ACTIVITY ▸ Type out the entries again, matching each one exactly.

GIVEN DATA ▸
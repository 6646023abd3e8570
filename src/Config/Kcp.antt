-- ===== src/Config/Kcp.antt =====
-- internal/config/config.go: the KCP parameters, their defaults and their validation.
use g_tun.Prelude.{◌≡◌, ◌↔◌, Bool, true, ◌||◌, ◌&&◌, arith, if◌then◌else◌}
use g_tun.Prelude.Int.{ℤ, pos, ◌≤ℤ◌, leb_ℤ, ltb_ℤ, eq_ℤ, eq_ℤ_iff, eq_ℤ-refl}
use g_tun.Result.{Result, ok, err, kcp_interval, kcp_window, kcp_shards}

pub record Kcp : Type 0 where
  pub no_delay : ℤ
  pub interval : ℤ
  pub resend : ℤ
  pub no_congestion : ℤ
  pub snd_wnd : ℤ
  pub rcv_wnd : ℤ
  pub data_shards : ℤ
  pub parity_shards : ℤ

abbrev pub default_kcp : Kcp
default_kcp = record {
  no_delay = pos 1;
  interval = pos 20;
  resend = pos 2;
  no_congestion = pos 1;
  snd_wnd = pos 4096;
  rcv_wnd = pos 4096;
  data_shards = pos 10;
  parity_shards = pos 3;
}

unfoldable pub validate_kcp : Kcp → Result (Unit {0})
validate_kcp k =
    if leb_ℤ k.interval (pos 0)
    then err kcp_interval
    else if leb_ℤ k.snd_wnd (pos 0) || leb_ℤ k.rcv_wnd (pos 0)
    then err kcp_window
    else if ltb_ℤ k.data_shards (pos 0) || ltb_ℤ k.parity_shards (pos 0)
    then err kcp_shards
    else ok tt

-- The struct comparison `==`.
unfoldable pub eq_kcp : Kcp → Kcp → Bool
eq_kcp a b =
    eq_ℤ a.no_delay b.no_delay
    && (eq_ℤ a.interval b.interval
        && (eq_ℤ a.resend b.resend
            && (eq_ℤ a.no_congestion b.no_congestion
                && (eq_ℤ a.snd_wnd b.snd_wnd
                    && (eq_ℤ a.rcv_wnd b.rcv_wnd
                        && (eq_ℤ a.data_shards b.data_shards
                            && eq_ℤ a.parity_shards b.parity_shards))))))

-- The usable parameters.
pub record IsUsable (k : Kcp) : Type 0 where
  pub interval : pos 1 ≤ℤ k.interval
  pub snd_wnd : pos 1 ≤ℤ k.snd_wnd
  pub rcv_wnd : pos 1 ≤ℤ k.rcv_wnd
  pub data_shards : pos 0 ≤ℤ k.data_shards
  pub parity_shards : pos 0 ≤ℤ k.parity_shards

pub validate_kcp_sound : (k : Kcp) → validate_kcp k ≡ ok tt → IsUsable k
unfolding validate_kcp
validate_kcp_sound k e = ground arith

pub validate_kcp_complete : (k : Kcp) → IsUsable k → validate_kcp k ≡ ok tt
unfolding validate_kcp
validate_kcp_complete k u = ground arith

eq_kcp_refl : (k : Kcp) → eq_kcp k k ≡ true
unfolding eq_kcp
eq_kcp_refl k = simp eq_ℤ-refl

pub eq_kcp_iff : (a b : Kcp) → (eq_kcp a b ≡ true) ↔ (a ≡ b)
unfolding eq_kcp
eq_kcp_iff a b = (sound, complete)
  where
    sound : eq_kcp a b ≡ true → a ≡ b
    sound h = ground (
      arith,
      eq_ℤ_iff a.no_delay b.no_delay,
      eq_ℤ_iff a.interval b.interval,
      eq_ℤ_iff a.resend b.resend,
      eq_ℤ_iff a.no_congestion b.no_congestion,
      eq_ℤ_iff a.snd_wnd b.snd_wnd,
      eq_ℤ_iff a.rcv_wnd b.rcv_wnd,
      eq_ℤ_iff a.data_shards b.data_shards,
      eq_ℤ_iff a.parity_shards b.parity_shards,
    )

    complete : a ≡ b → eq_kcp a b ≡ true
    complete h = rw h (eq_kcp_refl b)
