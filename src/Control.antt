-- ===== src/Control.antt =====
-- internal/control/control.go: the message with the transport settings.
-- encoding/json is the parameter `Json`.
pub mod Equal
pub mod Receive
pub mod RoundTrip
use g_tun.Prelude.{
  ℕ, ◌+◌, ◌*◌, ◌/◌, ◌%◌, ◌^◌, Bytes, codes, bytes_eq, length, take, drop, Bool, true, false, ◌&&◌,
  ◌||◌, not, Option, none, some, List, [], ◌∷◌, ◌++◌, ltb, if◌then◌else◌,
}
use g_tun.Result.{
  Result, ok, err, Error, auth_failed, encode_config, config_too_large, send_config, read_header,
  message_too_large, read_message, decode_config,
}
use g_tun.Proto.{Name, parse}
use g_tun.Auth.Mac.{Hmac, Channel, tag_size, sign, verify}
use g_tun.Auth.Io.{Io, ◌>>=◌, ◌>>◌, return, raise_if, raise_unless, or_raise, lift, reads, writes}
use g_tun.Config.Kcp.{Kcp, eq_kcp, validate_kcp}

abbrev max_body_size : ℕ
max_body_size = 4096

abbrev pub label_config : Bytes
label_config = codes "gtun/v1/config"

-- `control.Config`; `none` is the nil pointer.
pub record Settings : Type 0 where
  pub protocol : Name
  pub port : Bytes
  pub kcp : Option Kcp

equal_kcp : Option Kcp → Option Kcp → Bool
equal_kcp none none = true
equal_kcp none (some k) = false
equal_kcp (some k) none = false
equal_kcp (some k) (some l) = eq_kcp k l

unfoldable pub equal : Settings → Settings → Bool
unfolding equal_kcp
equal c o =
    if not (bytes_eq c.protocol o.protocol) || not (bytes_eq c.port o.port)
    then false
    else equal_kcp c.kcp o.kcp

-- `json.Marshal` and `json.Unmarshal` at the settings.
pub record Json : Type 0 where
  pub marshal : Settings → Option Bytes
  pub unmarshal : Bytes → Option Settings

-- `binary.BigEndian.PutUint16` of `uint16(n)`, and `Uint16`.
abbrev pub put_uint16 : ℕ → Bytes
put_uint16 n = let w : ℕ = n % 2 ^ 16 in w / 256 ∷ w % 256 ∷ []

abbrev pub uint16 : Bytes → ℕ
uint16 [] = 0
uint16 (hi ∷ []) = 0
uint16 (hi ∷ lo ∷ rest) = hi * 256 + lo

abbrev pub validate_announced : Option Kcp → Result (Unit {0})
validate_announced none = ok tt
validate_announced (some k) = validate_kcp k

module _ (h : Hmac) (json : Json) (token : Bytes) (channel : Channel) where
  unfoldable pub frame : Bytes → Bytes
  frame body = put_uint16 (length body) ++ (body ++ sign h token label_config (channel ∷ body ∷ []))

  unfoldable pub send : Settings → Io (Result (Unit {0}))
  send cfg = do
    body ← or_raise encode_config (json.marshal cfg)
    raise_if (ltb max_body_size (length body)) config_too_large
    writes (frame body) send_config
    return tt

  unfoldable pub receive : Io (Result Settings)
  receive = do
    header ← reads 2 read_header
    raise_if (ltb max_body_size (uint16 header)) message_too_large
    buf ← reads (uint16 header + tag_size) read_message
    let body = take (uint16 header) buf
    let tag = drop (uint16 header) buf
    raise_unless (verify h token label_config tag (channel ∷ body ∷ [])) auth_failed
    cfg ← or_raise decode_config (json.unmarshal body)
    lift (parse cfg.protocol)
    lift (validate_announced cfg.kcp)
    return cfg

ANSWER SPACE ▸
repository 6646023abd3e8570
filename src/Config/Kcp.antt
-- ===== src/Config/Kcp.antt =====
-- internal/config/config.go: the KCP parameters, their defaults and their validation.
use g_tun.Prelude.{◌≡◌, ◌↔◌, Bool, true, ◌||◌, ◌&&◌, arith, if◌then◌else◌}
use g_tun.Prelude.Int.{ℤ, pos, ◌≤ℤ◌, leb_ℤ, ltb_ℤ, eq_ℤ, eq_ℤ_iff, eq_ℤ-refl}
use g_tun.Result.{Result, ok, err, kcp_interval, kcp_window, kcp_shards}

pub record Kcp : Type 0 where
  pub no_delay : ℤ
  pub interval : ℤ
  pub resend : ℤ
  pub no_congestion : ℤ
  pub snd_wnd : ℤ
  pub rcv_wnd : ℤ
  pub data_shards : ℤ
  pub parity_shards : ℤ

abbrev pub default_kcp : Kcp
default_kcp = record {
  no_delay = pos 1;
  interval = pos 20;
  resend = pos 2;
  no_congestion = pos 1;
  snd_wnd = pos 4096;
  rcv_wnd = pos 4096;
  data_shards = pos 10;
  parity_shards = pos 3;
}

unfoldable pub validate_kcp : Kcp → Result (Unit {0})
validate_kcp k =
    if leb_ℤ k.interval (pos 0)
    then err kcp_interval
    else if leb_ℤ k.snd_wnd (pos 0) || leb_ℤ k.rcv_wnd (pos 0)
    then err kcp_window
    else if ltb_ℤ k.data_shards (pos 0) || ltb_ℤ k.parity_shards (pos 0)
    then err kcp_shards
    else ok tt

-- The struct comparison `==`.
unfoldable pub eq_kcp : Kcp → Kcp → Bool
eq_kcp a b =
    eq_ℤ a.no_delay b.no_delay
    && (eq_ℤ a.interval b.interval
        && (eq_ℤ a.resend b.resend
            && (eq_ℤ a.no_congestion b.no_congestion
                && (eq_ℤ a.snd_wnd b.snd_wnd
                    && (eq_ℤ a.rcv_wnd b.rcv_wnd
                        && (eq_ℤ a.data_shards b.data_shards
                            && eq_ℤ a.parity_shards b.parity_shards))))))

-- The usable parameters.
pub record IsUsable (k : Kcp) : Type 0 where
  pub interval : pos 1 ≤ℤ k.interval
  pub snd_wnd : pos 1 ≤ℤ k.snd_wnd
  pub rcv_wnd : pos 1 ≤ℤ k.rcv_wnd
  pub data_shards : pos 0 ≤ℤ k.data_shards
  pub parity_shards : pos 0 ≤ℤ k.parity_shards

pub validate_kcp_sound : (k : Kcp) → validate_kcp k ≡ ok tt → IsUsable k
unfolding validate_kcp
validate_kcp_sound k e = ground arith

pub validate_kcp_complete : (k : Kcp) → IsUsable k → validate_kcp k ≡ ok tt
unfolding validate_kcp
validate_kcp_complete k u = ground arith

eq_kcp_refl : (k : Kcp) → eq_kcp k k ≡ true
unfolding eq_kcp
eq_kcp_refl k = simp eq_ℤ-refl

pub eq_kcp_iff : (a b : Kcp) → (eq_kcp a b ≡ true) ↔ (a ≡ b)
unfolding eq_kcp
eq_kcp_iff a b = (sound, complete)
  where
    sound : eq_kcp a b ≡ true → a ≡ b
    sound h = ground (
      arith,
      eq_ℤ_iff a.no_delay b.no_delay,
      eq_ℤ_iff a.interval b.interval,
      eq_ℤ_iff a.resend b.resend,
      eq_ℤ_iff a.no_congestion b.no_congestion,
      eq_ℤ_iff a.snd_wnd b.snd_wnd,
      eq_ℤ_iff a.rcv_wnd b.rcv_wnd,
      eq_ℤ_iff a.data_shards b.data_shards,
      eq_ℤ_iff a.parity_shards b.parity_shards,
    )

    complete : a ≡ b → eq_kcp a b ≡ true
    complete h = rw h (eq_kcp_refl b)
filename src/Control.antt
-- ===== src/Control.antt =====
-- internal/control/control.go: the message with the transport settings.
-- encoding/json is the parameter `Json`.
pub mod Equal
pub mod Receive
pub mod RoundTrip
use g_tun.Prelude.{
  ℕ, ◌+◌, ◌*◌, ◌/◌, ◌%◌, ◌^◌, Bytes, codes, bytes_eq, length, take, drop, Bool, true, false, ◌&&◌,
  ◌||◌, not, Option, none, some, List, [], ◌∷◌, ◌++◌, ltb, if◌then◌else◌,
}
use g_tun.Result.{
  Result, ok, err, Error, auth_failed, encode_config, config_too_large, send_config, read_header,
  message_too_large, read_message, decode_config,
}
use g_tun.Proto.{Name, parse}
use g_tun.Auth.Mac.{Hmac, Channel, tag_size, sign, verify}
use g_tun.Auth.Io.{Io, ◌>>=◌, ◌>>◌, return, raise_if, raise_unless, or_raise, lift, reads, writes}
use g_tun.Config.Kcp.{Kcp, eq_kcp, validate_kcp}

abbrev max_body_size : ℕ
max_body_size = 4096

abbrev pub label_config : Bytes
label_config = codes "gtun/v1/config"

-- `control.Config`; `none` is the nil pointer.
pub record Settings : Type 0 where
  pub protocol : Name
  pub port : Bytes
  pub kcp : Option Kcp

equal_kcp : Option Kcp → Option Kcp → Bool
equal_kcp none none = true
equal_kcp none (some k) = false
equal_kcp (some k) none = false
equal_kcp (some k) (some l) = eq_kcp k l

unfoldable pub equal : Settings → Settings → Bool
unfolding equal_kcp
equal c o =
    if not (bytes_eq c.protocol o.protocol) || not (bytes_eq c.port o.port)
    then false
    else equal_kcp c.kcp o.kcp

-- `json.Marshal` and `json.Unmarshal` at the settings.
pub record Json : Type 0 where
  pub marshal : Settings → Option Bytes
  pub unmarshal : Bytes → Option Settings

-- `binary.BigEndian.PutUint16` of `uint16(n)`, and `Uint16`.
abbrev pub put_uint16 : ℕ → Bytes
put_uint16 n = let w : ℕ = n % 2 ^ 16 in w / 256 ∷ w % 256 ∷ []

abbrev pub uint16 : Bytes → ℕ
uint16 [] = 0
uint16 (hi ∷ []) = 0
uint16 (hi ∷ lo ∷ rest) = hi * 256 + lo

abbrev pub validate_announced : Option Kcp → Result (Unit {0})
validate_announced none = ok tt
validate_announced (some k) = validate_kcp k

module _ (h : Hmac) (json : Json) (token : Bytes) (channel : Channel) where
  unfoldable pub frame : Bytes → Bytes
  frame body = put_uint16 (length body) ++ (body ++ sign h token label_config (channel ∷ body ∷ []))

  unfoldable pub send : Settings → Io (Result (Unit {0}))
  send cfg = do
    body ← or_raise encode_config (json.marshal cfg)
    raise_if (ltb max_body_size (length body)) config_too_large
    writes (frame body) send_config
    return tt

  unfoldable pub receive : Io (Result Settings)
  receive = do
    header ← reads 2 read_header
    raise_if (ltb max_body_size (uint16 header)) message_too_large
    buf ← reads (uint16 header + tag_size) read_message
    let body = take (uint16 header) buf
    let tag = drop (uint16 header) buf
    raise_unless (verify h token label_config tag (channel ∷ body ∷ [])) auth_failed
    cfg ← or_raise decode_config (json.unmarshal body)
    lift (parse cfg.protocol)
    lift (validate_announced cfg.kcp)
    return cfg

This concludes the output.